Needles is an unincorporated locality on the west shore of Lower Arrow Lake in the West Kootenay region of southeastern British Columbia. The western terminal for the Needles Ferry to Fauquier, the landing on Highway 6 is 108 km east of Lumby, and 60 km southwest of Nakusp.

==Name origin==
The landing was formerly known as The Needles from the long thin sand spits that stretched out into the lake, but Needles became more widely accepted after 1906. The former remained the official name of the narrows.

==Former settlement==
Needles was an area of fruit trees and scrub farming, with the ferry operating since 1913. The Canadian Pacific Railway steamers on the Arrowhead–Robson route served the landing.

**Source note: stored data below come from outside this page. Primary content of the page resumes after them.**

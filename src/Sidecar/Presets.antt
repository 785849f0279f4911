-- ===== src/Sidecar/Presets.antt =====
-- What starting, stopping and restarting a node does to the registry.
use raft_implementation.Prelude.{
  ℕ, ◌≡◌, refl, sym, ap, ◌∙◌, subst, true, false, ◌&&◌, arith, String, Bool, Option, none, some,
  List, [], ◌∷◌, ◌++◌, str_eq, if◌then◌else◌, if-elim, Option-both, All,
}
use raft_implementation.Sidecar.Registry.{
  NodeDef, Sidecar, preset_nodes, is_paused, without_dynamic, add_dynamic_node, remove_dynamic_node,
}
use raft_implementation.Sidecar.Docker.{Environment, run_error, get_built_image}
use raft_implementation.Sidecar.Lifecycle.{
  with_world, wrapped, and_then, started, dynamic_node, join_dynamic, create_dynamic_node,
  stop_node, unpause_node, restart_node, start_preset_node, start_again,
}
use raft_implementation.Sidecar.Pauses.{IsSwitched, unpause_node-IsSwitched}
use raft_implementation.Sidecar.Restores.{IsRestored}

-- The preset nodes in their order, and after them dynamic nodes only.
abbrev pub IsRegistry : List NodeDef → Type 0
IsRegistry nodes =
    (extra : List NodeDef) × (nodes ≡ preset_nodes ++ extra) × All (λ n. n.dynamic ≡ true) extra

without_dynamic-append :
    (id : String) (xs ys : List NodeDef)
    → All (λ n. n.dynamic ≡ false) xs
    → without_dynamic id (xs ++ ys) ≡ xs ++ without_dynamic id ys
unfolding without_dynamic
without_dynamic-append id [] ys h = refl
without_dynamic-append id (n ∷ xs) ys h =
    if-elim (λ r. r ≡ n ∷ (xs ++ without_dynamic id ys)) (str_eq n.id id && n.dynamic) (xs ++ ys)
      (n ∷ without_dynamic id (xs ++ ys)) (λ e. absurd (ground (arith, h.0)))
      (λ e. ap (λ r. n ∷ r) (without_dynamic-append id xs ys h.1))

All-without_dynamic :
    (P : NodeDef → Type 0) (id : String) (ns : List NodeDef)
    → All P ns
    → All P (without_dynamic id ns)
unfolding without_dynamic
All-without_dynamic P id [] h = tt
All-without_dynamic P id (n ∷ ns) h =
    if-elim (All P) (str_eq n.id id && n.dynamic) ns (n ∷ without_dynamic id ns) (λ e. h.1)
      (λ e. (h.0, All-without_dynamic P id ns h.1))

All-snoc :
    (P : NodeDef → Type 0) (ns : List NodeDef) (n : NodeDef) → All P ns → P n → All P (ns ++ n ∷ [])
All-snoc P [] n h k = (k, tt)
All-snoc P (m ∷ ns) n h k = (h.0, All-snoc P ns n h.1 k)

pub without_dynamic-IsRegistry :
    (id : String) (nodes : List NodeDef) → IsRegistry nodes → IsRegistry (without_dynamic id nodes)
without_dynamic-IsRegistry id nodes (extra, e, h) = (
  without_dynamic id extra,
  ap (without_dynamic id) e
      ∙ without_dynamic-append id preset_nodes extra (refl, (refl, (refl, (refl, (refl, tt))))),
  All-without_dynamic (λ n. n.dynamic ≡ true) id extra h,
)

snoc-IsRegistry :
    (n : NodeDef) (nodes : List NodeDef)
    → n.dynamic ≡ true
    → IsRegistry nodes
    → IsRegistry (nodes ++ n ∷ [])
snoc-IsRegistry n nodes k (extra, e, h) =
    (extra ++ n ∷ [], ap (λ ns. ns ++ n ∷ []) e, All-snoc (λ n. n.dynamic ≡ true) extra n h k)

-- A state whose registry is unchanged.
pub same-IsRegistry : (ns ns' : List NodeDef) → ns' ≡ ns → IsRegistry ns → IsRegistry ns'
same-IsRegistry ns ns' e h = subst IsRegistry (sym e) h

module _ {W : Type 0} (env : Environment W) (rounds : ℕ) where
  and_then-IsRegistry :
      (x : Sidecar W × Option String) (f : Sidecar W → Sidecar W × Option String)
      → IsRegistry x.0.nodes
      → ((s : Sidecar W) → IsRegistry s.nodes → IsRegistry (f s).0.nodes)
      → IsRegistry (and_then x f).0.nodes
  and_then-IsRegistry (s, none) f h k = k s h
  and_then-IsRegistry (s, some err) f h k = h

  pub switched-nodes :
      (v : Bool) (n : NodeDef) (s : Sidecar W) (x : Sidecar W × Option String)
      → IsSwitched env v n s x
      → IsRegistry s.nodes
      → IsRegistry x.0.nodes
  switched-nodes v n s (s', none) h r = same-IsRegistry s.nodes s'.nodes h.0 r
  switched-nodes v n s (s', some e) h r = same-IsRegistry s.nodes s'.nodes h.0 r

  pub restored-nodes :
      (s : Sidecar W) (x : Sidecar W × Option String)
      → IsRestored env s x
      → IsRegistry s.nodes
      → IsRegistry x.0.nodes
  restored-nodes s (s', none) h r = same-IsRegistry s.nodes s'.nodes h.0 r
  restored-nodes s (s', some e) h r = same-IsRegistry s.nodes s'.nodes h r

  pub stop_node-IsRegistry :
      (n : NodeDef) (s : Sidecar W) → IsRegistry s.nodes → IsRegistry (stop_node env n s).0.nodes
  unfolding stop_node remove_dynamic_node
  stop_node-IsRegistry n s r =
      if-elim {A = Sidecar W × Option String} (λ x. IsRegistry x.0.nodes) n.dynamic _ _
        (λ h. without_dynamic-IsRegistry n.id s.nodes r) (λ h. r)

  pub create_dynamic_node-IsRegistry :
      (id : String) (http_port rpc_port : ℕ) (s : Sidecar W)
      → IsRegistry s.nodes
      → IsRegistry (create_dynamic_node env rounds id http_port rpc_port s).0.nodes
  unfolding create_dynamic_node join_dynamic add_dynamic_node
  create_dynamic_node-IsRegistry id http_port rpc_port s r =
      Option-both {B = Sidecar W × Option String} (λ x. IsRegistry x.0.nodes)
        (get_built_image env s.world).1 _ _ r
        (λ image.
          Option-both {B = Sidecar W × Option String} (λ x. IsRegistry x.0.nodes)
            (run_error "docker run: " _) _ _
            (snoc-IsRegistry (dynamic_node id http_port rpc_port) s.nodes refl r) (λ err. r))

  start_again-IsRegistry :
      (n : NodeDef) (s : Sidecar W)
      → IsRegistry s.nodes
      → IsRegistry (start_again env rounds n s).0.nodes
  unfolding start_again
  start_again-IsRegistry n s r =
      if-elim {A = Sidecar W × Option String} (λ x. IsRegistry x.0.nodes) n.dynamic
        (create_dynamic_node env rounds n.id n.http_port n.rpc_port s)
        (started (λ w. with_world w s) (start_preset_node env rounds n s.nodes s.world))
        (λ h. create_dynamic_node-IsRegistry n.id n.http_port n.rpc_port s r) (λ h. r)

  pub restart_node-IsRegistry :
      (n : NodeDef) (s : Sidecar W)
      → IsRegistry s.nodes
      → IsRegistry (restart_node env rounds n s).0.nodes
  unfolding restart_node
  restart_node-IsRegistry n s r =
      let s₁ = if is_paused n.id s then (unpause_node env n s).0 else s in
      let resumed : IsRegistry s₁.nodes =
        if-elim {A = Sidecar W} (λ x. IsRegistry x.nodes) (is_paused n.id s) _ _
          (λ h. switched-nodes false n s (unpause_node env n s) (unpause_node-IsSwitched env n s) r)
          (λ h. r) in
      and_then-IsRegistry (wrapped "restart: stop failed: " (stop_node env n s₁))
        (start_again env rounds n) (stop_node-IsRegistry n s₁ resumed)
        (λ s₂ r₂. start_again-IsRegistry n s₂ r₂)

However, the Needles Ranch was on the east side of the lake at Fauquier. In the early 1930s, a post office, general store, and school served the 200 residents of Needles.

==Flooded==
The original Needles townsite was submerged when the reservoir for the Keenleyside Dam flooded the area in 1968. The ferry terminals on both sides of the lake were rebuilt at the time. Established on higher ground in 1932, the cemetery is all that remains.

==Accidents==
In 2019, a ferry crew observed a submerged pickup truck just off the Needles ferry landing. Police divers recovered the body of a 60-year-old man. That year, a 35-year-old man, who abandoned his pickup truck at Fauquier, was missing for over a year, before his remains were discovered along the shoreline to the north.

==Services==
Plum Hollow Camping is about 2 km north on the gravel road.